Firewood ash is an excellent organic fertilizer when applied correctly to the proper plants. It can bring 13 natural nutrients to your soil and deter insects as well. However, not all firewood ash can be used this way. Learn more about what you can use for this purpose and when so that your garden thrives.
Tip: Having a soil test preformed yearly is recommended. The results allow you to accurately apply the correct amounts of fertilizer and amendment to your soil.
Step 1 - Collect Firewood Ash
Leftovers from trash fires, cardboard, and pressure-treated, painted, or stained wood will contain chemicals and substances that harm plants, so first make sure you collect only materials that has come from burning natural, untreated, and unpainted wood.
Allow ashes to cool overnight or longer before scooping and storing them in a metal can with a tight lid to keep air out. The can will help keep embers from reigniting while they sit a little longer. Afterward, use a medium mesh screen to sift out any chunks of wood. You can crush these pieces and sift them back into the can or dispose of them, whichever you choose. Ash is caustic because it is alkaline, like bleach, so protect your hands, eyes, and lungs properly while you work.
Step 2 - Apply to Plants
Spread the ash in the spring when the soil is dry, on a dry day with no or low wind. Lack of moisture is very important because if the ashes get wet before application, the water will leach some of its nutrients.
You can scoop it out and sprinkle it by hand around plant stems or at their base as long as you're wearing your gloves. Hand application is the most effective way to ensure that your fertilizer goes where you want it and in the right quantities. You can distribute larger amounts with a trowel or shovel or other broadcast applicator.
Be sure to spread your ash in moderation. Adding this to the garden or lawn will quickly raise the pH—it is not slow release— and lead to a salt buildup in the soil that will harm, more than help, your plants. You can safely spread up to 20 pounds (about a five-gallon bucket of ash) per 1,000 square feet of soil, or five pounds per 100 square feet per year. Limestone does the same thing as ash, so make sure your total applications of both fertilizers don't exceed 20 pounds.

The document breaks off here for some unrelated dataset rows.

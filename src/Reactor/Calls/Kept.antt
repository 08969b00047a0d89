-- ===== src/Reactor/Calls/Kept.antt =====
-- What the calls on EpollReactor keep.
use vpn_service_android.Common.{
  ℕ, ◌≡◌, refl, ◌∙◌, List, [], ◌∷◌, ◌++◌, Option, none, some, Bool, true, false, if_both, subst,
  arith,
}
use vpn_service_android.Reactor.{
  Events, union, convert_event, Listener, Stub, Reactor, Status, no_events, minus,
}
use vpn_service_android.Reactor.Table.{find, erase, store}
use vpn_service_android.Reactor.Table.Laws.{has, has-append}
use vpn_service_android.Reactor.Calls.{
  modify_stub, new_stub, add_found, add_event, shrink_stub, del_listened, del_stub, del_found,
  del_event, stop, Call, add, del, stop_loop, call, calls,
}
use vpn_service_android.Reactor.Calls.Invariant.{
  IsReactor, store-IsReactor, retire-IsReactor, grow-IsReactor,
}

abbrev pub is_live : Option Stub → Bool
is_live none = false
is_live (some s) = true

-- Nothing is used that is not allocated, nothing is freed, and what waits for deletion waits on.
pub record Keeps (r q : Reactor) : Type 0 where
  pub valid : IsReactor q
  pub fault : q.fault ≡ r.fault
  pub has_epoll : q.has_epoll ≡ r.has_epoll
  pub live : (a : ℕ) → is_live (r.heap a) ≡ true → is_live (q.heap a) ≡ true
  pub deleted : (a : ℕ) → has a r.deleted ≡ true → has a q.deleted ≡ true

pub refl-Keeps : (r : Reactor) → IsReactor r → Keeps r r
refl-Keeps r v = record {
  valid = v;
  fault = refl;
  has_epoll = refl;
  live = λ a h. h;
  deleted = λ a h. h;
}

pub trans-Keeps : (r q p : Reactor) → Keeps r q → Keeps q p → Keeps r p
trans-Keeps r q p f g = record {
  valid = g.valid;
  fault = g.fault ∙ f.fault;
  has_epoll = g.has_epoll ∙ f.has_epoll;
  live = λ a h. g.live a (f.live a h);
  deleted = λ a h. g.deleted a (f.deleted a h);
}

live-store :
    (h : ℕ → Option Stub) (a b : ℕ) (s : Stub)
    → is_live (h b) ≡ true
    → is_live (store h a (some s) b) ≡ true
unfolding store
live-store h a b s e = ground arith

modify_stub-Keeps :
    (r : Reactor) (o : Option Stub) (a fd : ℕ) (events : Events) (l : Option Listener) (tag : ℕ)
    (ok : Bool)
    → IsReactor r
    → find fd r.table ≡ some a
    → r.heap a ≡ o
    → Keeps r (modify_stub o a events l tag ok r).1
unfolding modify_stub store
modify_stub-Keeps r none a fd events l tag ok v f h = absurd (ground (arith, v.tabled fd a f))
modify_stub-Keeps r (some s) a fd events l tag ok v f h =
    let new : Stub = record s {
      events = union s.events events;
      mask = convert_event (union s.events events);
      listener = l;
      tag = tag;
    } in
    let same : find s.fd r.table ≡ some a = ground (arith, v.tabled fd a f) in
    record {
      valid = store-IsReactor r a new v same refl;
      fault = refl;
      has_epoll = refl;
      live = λ b e. ground arith;
      deleted = λ b e. e;
    }

add_found-Keeps :
    (r : Reactor) (o : Option ℕ) (fd : ℕ) (events : Events) (l : Option Listener) (tag : ℕ)
    (ok : Bool)
    → IsReactor r
    → find fd r.table ≡ o
    → Keeps r (add_found o fd events l tag ok r).1
unfolding add_found new_stub store
add_found-Keeps r (some a) fd events l tag ok v f =
    modify_stub-Keeps r (r.heap a) a fd events l tag ok v f refl
add_found-Keeps r none fd events l tag false v f = refl-Keeps r v
add_found-Keeps r none fd events l tag true v f = record {
  valid = grow-IsReactor r (new_stub fd events l tag) v f refl;
  fault = refl;
  has_epoll = refl;
  live = λ b e. ground arith;
  deleted = λ b e. e;
}

shrink_own-Keeps :
    (r : Reactor) (s : Stub) (a : ℕ) (events : Events) (ok : Bool)
    → IsReactor r
    → find s.fd r.table ≡ some a
    → Keeps r (shrink_stub s a s.fd events ok r).1
unfolding shrink_stub
shrink_own-Keeps r s a events ok v f = by_answer ok
  where
    left : Events
    left = minus s.events events

    new : Stub
    new = record s { events = left; mask = convert_event left }

    written : Keeps r (record r { heap = store r.heap a (some new) })
    written = record {
      valid = store-IsReactor r a new v f refl;
      fault = refl;
      has_epoll = refl;
      live = λ b e. live-store r.heap a b new e;
      deleted = λ b e. e;
    }

    retired : Stub
    retired = record new { listener = none }

    last : Keeps r (record r {
      heap = store r.heap a (some retired);
      deleted = r.deleted ++ a ∷ [];
      table = erase s.fd r.table;
    })
    last = record {
      valid = retire-IsReactor r a retired v f refl refl;
      fault = refl;
      has_epoll = refl;
      live = λ b h. live-store r.heap a b retired h;
      deleted = λ b h. ground (arith, has-append b a r.deleted);
    }

    by_answer : (o : Bool) → Keeps r (shrink_stub s a s.fd events o r).1
    by_answer false = written
    by_answer true = if_both (λ (p : Status × Reactor). Keeps r p.1) (no_events left) last written

shrink_stub-Keeps :
    (r : Reactor) (s : Stub) (a fd : ℕ) (events : Events) (ok : Bool)
    → IsReactor r
    → find fd r.table ≡ some a
    → r.heap a ≡ some s
    → Keeps r (shrink_stub s a fd events ok r).1
shrink_stub-Keeps r s a fd events ok v f h =
    let e : s.fd ≡ fd = ground (arith, v.tabled fd a f) in
    subst (λ k. Keeps r (shrink_stub s a k events ok r).1) e
      (shrink_own-Keeps r s a events ok v (ground arith))

del_found-Keeps :
    (r : Reactor) (o : Option ℕ) (fd : ℕ) (events : Events) (ok : Bool)
    → IsReactor r
    → find fd r.table ≡ o
    → Keeps r (del_found o fd events ok r).1
unfolding del_found del_listened del_stub
del_found-Keeps r none fd events ok v f = refl-Keeps r v
del_found-Keeps r (some a) fd events ok v f = stub_at (r.heap a) refl
  where
    listened :
        (s : Stub) (l : Option Listener)
        → r.heap a ≡ some s
        → Keeps r (del_listened l s a fd events ok r).1
    listened s none h = refl-Keeps r v
    listened s (some l) h = shrink_stub-Keeps r s a fd events ok v f h

    stub_at : (o : Option Stub) → r.heap a ≡ o → Keeps r (del_stub o a fd events ok r).1
    stub_at none h = absurd (ground (arith, v.tabled fd a f))
    stub_at (some s) h = listened s s.listener h

-- Every call keeps the table and the stubs in order.
pub call-Keeps : (c : Call) (r : Reactor) → IsReactor r → Keeps r (call c r).1
unfolding call add_event del_event stop
call-Keeps (add none events l tag ok) r v = refl-Keeps r v
call-Keeps (add (some fd) events l tag ok) r v =
    if_both (λ (p : Status × Reactor). Keeps r p.1) r.has_epoll
      (add_found-Keeps r (find fd r.table) fd events l tag ok v refl) (refl-Keeps r v)
call-Keeps (del fd events ok) r v =
    if_both (λ (p : Status × Reactor). Keeps r p.1) r.has_epoll
      (del_found-Keeps r (find fd r.table) fd events ok v refl) (refl-Keeps r v)
call-Keeps (stop_loop false) r v = refl-Keeps r v
call-Keeps (stop_loop true) r v = record {
  valid = record {
    ordered = v.ordered;
    tabled = v.tabled;
    waits = v.waits;
    recent = v.recent;
    owned = v.owned;
  };
  fault = refl;
  has_epoll = refl;
  live = λ a h. h;
  deleted = λ a h. h;
}

pub calls-Keeps : (cs : List Call) (r : Reactor) → IsReactor r → Keeps r (calls cs r).1
unfolding calls
calls-Keeps [] r v = refl-Keeps r v
calls-Keeps (c ∷ cs) r v =
    let one = call-Keeps c r v in
    trans-Keeps r (call c r).1 (calls cs (call c r).1).1 one (calls-Keeps cs (call c r).1 one.valid)
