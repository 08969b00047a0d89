-- ===== src/Reactor/Calls/Spec.antt =====
-- What EpollReactor promises: a map from descriptors to the events, the handler and the tag last given.
-- No addresses, no order and no waiting stubs; the answers of epoll_ctl are kept.
use vpn_service_android.Common.{
  ℕ, List, [], ◌∷◌, Option, none, some, Bool, false, ◌==◌, if◌then◌else◌,
}
use vpn_service_android.Reactor.{
  Events, union, minus, no_events, convert_event, covers, Listener, Stub, Reactor, Status, success,
  refused, failure,
}
use vpn_service_android.Reactor.Table.{find}
use vpn_service_android.Reactor.Calls.{Call, add, del, stop_loop}

pub record Entry : Type 0 where
  pub events : Events
  pub listener : Option Listener
  pub tag : ℕ

abbrev pub Interest : Type 0
Interest = ℕ → Option Entry

abbrev pub put : ℕ → Option Entry → Interest → Interest
put fd e m j = if fd == j then e else m j

abbrev pub entry : Events → Option Listener → ℕ → Entry
entry events listener tag = record { events = events; listener = listener; tag = tag }

unfoldable pub spec_add_to :
    Option Entry → ℕ → Events → Option Listener → ℕ → Bool → Interest → Status × Interest
unfolding union
spec_add_to none fd events l tag ok m =
    if ok then (success, put fd (some (entry events l tag)) m) else (failure, m)
spec_add_to (some e) fd events l tag ok m =
    (if ok then success else failure, put fd (some (entry (union e.events events) l tag)) m)

unfoldable pub spec_shrink :
    Entry → Option Listener → ℕ → Events → Bool → Interest → Status × Interest
unfolding minus no_events
spec_shrink e none fd events ok m = (success, m)
spec_shrink e (some l) fd events ok m =
    let left = minus e.events events in
    let kept = put fd (some (entry left e.listener e.tag)) m in
    if ok then (success, if no_events left then put fd none m else kept) else (refused, kept)

unfoldable pub spec_del_from : Option Entry → ℕ → Events → Bool → Interest → Status × Interest
unfolding spec_shrink
spec_del_from none fd events ok m = (refused, m)
spec_del_from (some e) fd events ok m = spec_shrink e e.listener fd events ok m

unfoldable pub spec_call : Call → Interest → Status × Interest
unfolding spec_add_to spec_del_from
spec_call (add none events l tag ok) m = (refused, m)
spec_call (add (some fd) events l tag ok) m = spec_add_to (m fd) fd events l tag ok m
spec_call (del fd events ok) m = spec_del_from (m fd) fd events ok m
spec_call (stop_loop ok) m = (if ok then success else failure, m)

unfoldable pub spec_calls : List Call → Interest → List Status × Interest
unfolding spec_call
spec_calls [] m = ([], m)
spec_calls (c ∷ cs) m =
    let first = spec_call c m in let rest = spec_calls cs first.1 in (first.0 ∷ rest.0, rest.1)

-- The map that a reactor holds.
abbrev pub entry_of : Option Stub → Option Entry
entry_of none = none
entry_of (some s) = some (entry s.events s.listener s.tag)

abbrev pub entry_at : (ℕ → Option Stub) → Option ℕ → Option Entry
entry_at h none = none
entry_at h (some a) = entry_of (h a)

abbrev pub view : Reactor → Interest
view r fd = entry_at r.heap (find fd r.table)

abbrev pub spec_contain_in : Option Listener → Events → Events → Bool
spec_contain_in none has events = false
spec_contain_in (some l) has events = covers (convert_event has) (convert_event events)

abbrev pub spec_contain : Option Entry → Events → Bool
spec_contain none events = false
spec_contain (some e) events = spec_contain_in e.listener e.events events
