-- ===== src/Reactor/Calls/Views.antt =====
-- How writing a stub of EpollReactor changes the map that its table and its stubs hold.
use mathlib.Core.Path.{fun_ext}
use vpn_service_android.Common.{ℕ, suc, ◌≡◌, List, none, some, arith, Option-cases}
use vpn_service_android.Reactor.{Stub, Reactor, Status}
use vpn_service_android.Reactor.Table.{find, insert, erase, store}
use vpn_service_android.Reactor.Table.Laws.{find-insert, find-erase}
use vpn_service_android.Reactor.Calls.Spec.{entry, Interest, put, view}
use vpn_service_android.Reactor.Calls.Invariant.{IsReactor}

-- What a call leaves, seen as the map.
abbrev pub seen : Status × Reactor → Status × Interest
seen p = (p.0, view p.1)

pub view-store :
    (r : Reactor) (a : ℕ) (s : Stub)
    → IsReactor r
    → find s.fd r.table ≡ some a
    → view (record r { heap = store r.heap a (some s) })
      ≡ put s.fd (some (entry s.events s.listener s.tag)) (view r)
unfolding store
view-store r a s v f =
    fun_ext λ j. ground (arith, Option-cases (find j r.table), v.tabled j a, v.tabled s.fd a f)

pub view-retire :
    (r : Reactor) (a : ℕ) (s : Stub) (xs : List ℕ)
    → IsReactor r
    → find s.fd r.table ≡ some a
    → view (record r { heap = store r.heap a (some s); deleted = xs; table = erase s.fd r.table })
      ≡ put s.fd none (view r)
unfolding store
view-retire r a s xs v f = fun_ext λ j. ground (
  arith,
  Option-cases (find j r.table),
  v.tabled j a,
  v.tabled s.fd a f,
  find-erase s.fd j r.table v.ordered,
)

pub view-grow :
    (r : Reactor) (s : Stub)
    → IsReactor r
    → find s.fd r.table ≡ none
    → view (record r {
      heap = store r.heap r.fresh (some s);
      fresh = suc r.fresh;
      table = insert s.fd r.fresh r.table;
    })
      ≡ put s.fd (some (entry s.events s.listener s.tag)) (view r)
unfolding store
view-grow r s v f = fun_ext λ j. ground (
  arith,
  Option-cases (find j r.table),
  v.tabled j r.fresh,
  v.recent r.fresh,
  find-insert s.fd r.fresh j r.table f,
)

Tip: Wood ash also adds potassium to the soil.
Step 3 - Store or Dispose of Unused Ash
An annual application of ash is plenty, so the best thing to do when you're done is to store it away or get rid of it. You can return the unused material to your metal can, sprinkle it on your compost pile, or otherwise dispose of it. Ash will help neutralize compost, making an ideal pH level for decomposition. Do not, however, allow it to pile up in hills or clumps, as it will leach salts into the soil.
When to Use Ash
As mentioned previously, there are many cases where a firewood ash fertilizer is not beneficial. Plants like potatoes, blueberries, cranberries, rhododendrons, azaleas, magnolias, pine trees, and oak trees can all be negatively affected. Instead, stick to using it on things like lawns, tomatoes, and grass.
Warning: Don't mix firewood ash with nitrogen fertilizers! Dangerous ammonia gas is created when high nitrogen fertilizers are mixed with alkaline materials like wood ash.